Puis je laisse la route dessiner devant moi un nouveau virage. Je retrouve Gwal, aimable breton de mon âge, rencontré quelques jours plus tôt à Rabat, et qui descend à Bamako au volant d'un fourgon Mercedes. Le garçon, au parcours sinueux, est un vrai nomade. Depuis des années, il descend des camions et diverses marchandises vers Bamako ou ailleurs ; jamais plus de trois mois au même endroit. L'idée de traverser le Sahara au volant d'un camion, en compagnie d'un routard expérimenté, m'est forcément séduisante : je décide de l'accompagner jusqu'à Nouakchott. En attendant que le camion soit repeint et une moto réparée, je passe quelques jours avec lui dans le quartier populaire de M'hamid. Nous logeons chez une famille qu'il côtoie depuis longtemps et dont la situation n'est pas des meilleurs.
Depuis peu, Rachida, 38 ans, doit se débrouiller seule pour loger et nourrir ses deux enfants. Anas, 22 ans, est un grand gaillard fervent musulman, féru d'informatique et polyglotte. Quant à sa petite soeur de quinze ans, Ahlam, elle est aussi mignonne que gentille. Comme elle est en vacances, elle va travailler, le soir, avec sa mère, histoire de grappiller quelques dirhams. L'appartement, provisoire, est rudimentaire. Sans fenêtre, il n'est pourvu ni de cuisine, ni de salle de bain, mais le salon où dorment les hommes est très confortable. Mais Rachida est forte et courageuse, et elle se débrouille pour cuisiner de bons petits plats ; je l'aide d'ailleurs à préparer le couscous.
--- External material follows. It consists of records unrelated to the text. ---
-- ===== src/Prelude/Lists.antt =====
-- Lists under Boolean tests and native lengths, under the library's names.
use Prim.Native.Nat.{ℕ, zero, suc, ◌+◌, ◌-◌, ◌≤◌, min}
use mathlib.Core.Path.{◌≡◌, refl, ap, ◌∙◌}
use mathlib.Core.Bool.{Bool}
use mathlib.Core.Option.{Option, none, some}
use mathlib.Core.List.{List, [], ◌∷◌, ◌++◌, map}
use native.Mathlib.Omega.{arith}
use mathlib.Core.Logic.{inl, inr}
use pid_docs.Prelude.Tests.{if◌then◌else◌, Bool-cases}

-- Every member of the list satisfies `P`.
abbrev pub All {ℓ κ} : {A : Type ℓ} → (A → Type κ) → List A → Type κ
All P [] = Unit
All P (x ∷ xs) = P x × All P xs

module _ {ℓ} {A : Type ℓ} where
  abbrev pub length : List A → ℕ
  length [] = 0
  length (x ∷ xs) = suc (length xs)

  abbrev pub take : ℕ → List A → List A
  take zero xs = []
  take (suc n) [] = []
  take (suc n) (x ∷ xs) = x ∷ take n xs

  abbrev pub drop : ℕ → List A → List A
  drop zero xs = xs
  drop (suc n) [] = []
  drop (suc n) (x ∷ xs) = drop n xs

  abbrev pub find? : (A → Bool) → List A → Option A
  find? p [] = none
  find? p (x ∷ xs) = if p x then some x else find? p xs

  abbrev pub filter : (A → Bool) → List A → List A
  filter p [] = []
  filter p (x ∷ xs) = let rest = filter p xs in if p x then x ∷ rest else rest

  -- `UPDATE ... SET f WHERE p`
  abbrev pub update_where : (A → Bool) → (A → A) → List A → List A
  update_where p f [] = []
  update_where p f (x ∷ xs) = (if p x then f x else x) ∷ update_where p f xs

module _ {ℓ} {A : Type ℓ} where
  pub length-append : (xs ys : List A) → length (xs ++ ys) ≡ length xs + length ys
  length-append [] ys = omega arith
  length-append (x ∷ xs) ys = omega (arith, length-append xs ys)

  pub length-drop : (n : ℕ) (xs : List A) → length (drop n xs) ≡ length xs - n
  length-drop zero xs = omega arith
  length-drop (suc n) [] = omega arith
  length-drop (suc n) (x ∷ xs) = omega (arith, length-drop n xs)

  pub length-take : (n : ℕ) (xs : List A) → length (take n xs) ≡ min n (length xs)
  length-take zero xs = omega arith
  length-take (suc n) [] = omega arith
  length-take (suc n) (x ∷ xs) = omega (arith, length-take n xs)

  pub take-drop : (n : ℕ) (xs : List A) → take n xs ++ drop n xs ≡ xs
  take-drop zero xs = refl
  take-drop (suc n) [] = refl
  take-drop (suc n) (x ∷ xs) = ap (λ (t : List A). x ∷ t) (take-drop n xs)

  pub filter-append :
      (p : A → Bool) (xs ys : List A) → filter p (xs ++ ys) ≡ filter p xs ++ filter p ys
  filter-append p [] ys = refl
  filter-append p (x ∷ xs) ys = ground (arith, filter-append p xs ys)

  pub length-filter-le : (p : A → Bool) (xs : List A) → length (filter p xs) ≤ length xs
  length-filter-le p [] = omega arith
  length-filter-le p (x ∷ xs) = ground (arith, length-filter-le p xs)

  -- An update that changes nothing where it applies is no update.
  pub update_where_idem :
      (p : A → Bool) (f : A → A) (xs : List A)
      → ((a : A) → p (f a) ≡ p a)
      → ((a : A) → f (f a) ≡ f a)
      → update_where p f (update_where p f xs) ≡ update_where p f xs
  update_where_idem p f [] same idem = refl
  update_where_idem p f (x ∷ xs) same idem =
      ground (arith, update_where_idem p f xs same idem, same x, idem x)

suc_add : (m n : ℕ) → suc m + n ≡ suc (m + n)
suc_add m n = omega arith

module _ {ℓ} {A : Type ℓ} where
  pub take_nil : (n : ℕ) → take {A = A} n [] ≡ []
  take_nil zero = refl
  take_nil (suc n) = refl

  pub drop_nil : (n : ℕ) → drop {A = A} n [] ≡ []
  drop_nil zero = refl
  drop_nil (suc n) = refl

  pub drop-drop : (m n : ℕ) (xs : List A) → drop (m + n) xs ≡ drop n (drop m xs)
  drop-drop zero n xs = ap (λ (k : ℕ). drop k xs) (omega arith)
  drop-drop (suc m) n [] = rw (drop_nil (suc m + n)) (rw (drop_nil n))
  drop-drop (suc m) n (x ∷ xs) = ap (λ (k : ℕ). drop k (x ∷ xs)) (suc_add m n) ∙ drop-drop m n xs

  -- The first `m + n` elements are the first `m`, and then the first `n` of the rest.
  pub take-append-drop : (m n : ℕ) (xs : List A) → take (m + n) xs ≡ take m xs ++ take n (drop m xs)
  take-append-drop zero n xs = ap (λ (k : ℕ). take k xs) (omega arith)
  take-append-drop (suc m) n [] = rw (take_nil (suc m + n)) (rw (take_nil n))
  take-append-drop (suc m) n (x ∷ xs) =
      ap (λ (k : ℕ). take k (x ∷ xs)) (suc_add m n)
      ∙ ap (λ (t : List A). x ∷ t) (take-append-drop m n xs)

  pub map-append {κ} :
      {B : Type κ} (f : A → B) (xs ys : List A) → map f (xs ++ ys) ≡ map f xs ++ map f ys
  map-append f [] ys = refl
  map-append {B = B} f (x ∷ xs) ys = ap (λ (t : List B). f x ∷ t) (map-append f xs ys)

  pub length-map {κ} : {B : Type κ} (f : A → B) (xs : List A) → length (map f xs) ≡ length xs
  length-map f [] = refl
  length-map f (x ∷ xs) = ap suc (length-map f xs)

module _ {ℓ κ} {A : Type ℓ} (P : A → Type κ) where
  pub All-append : (xs : List A) (x : A) → All P xs → P x → All P (xs ++ x ∷ [])
  All-append [] x h p = (p, tt)
  All-append (y ∷ xs) x h p = (h.0, All-append xs x h.1 p)

  pub All-filter : (q : A → Bool) (xs : List A) → All P xs → All P (filter q xs)
  All-filter q [] h = tt
  All-filter q (x ∷ xs) h = elim (Bool-cases (q x)) [
    | inl e ↦ rw e (h.0, All-filter q xs h.1)
    | inr e ↦ rw e (All-filter q xs h.1)
  ]

  pub All-update_where :
      (q : A → Bool) (f : A → A) (xs : List A)
      → ((a : A) → P a → P (f a))
      → All P xs
      → All P (update_where q f xs)
  All-update_where q f [] keeps h = tt
  All-update_where q f (x ∷ xs) keeps h = elim (Bool-cases (q x)) [
    | inl e ↦ rw e (keeps x h.0, All-update_where q f xs keeps h.1)
    | inr e ↦ rw e (h.0, All-update_where q f xs keeps h.1)
  ]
Quant à l'hygiène, le hammam voisin permet de se laver dans les meilleures conditions.
Nous partageons encore un peu du quotidien de cette famille si attachante : courses avec la maman, foot avec le fils, leçon d'arabe avec la fille... Tandis qu'une belle complicité s'installe entre Gwal et moi, nous attendons, dans les startings-blocks, d'attaquer la longue route du Sahara Occidental.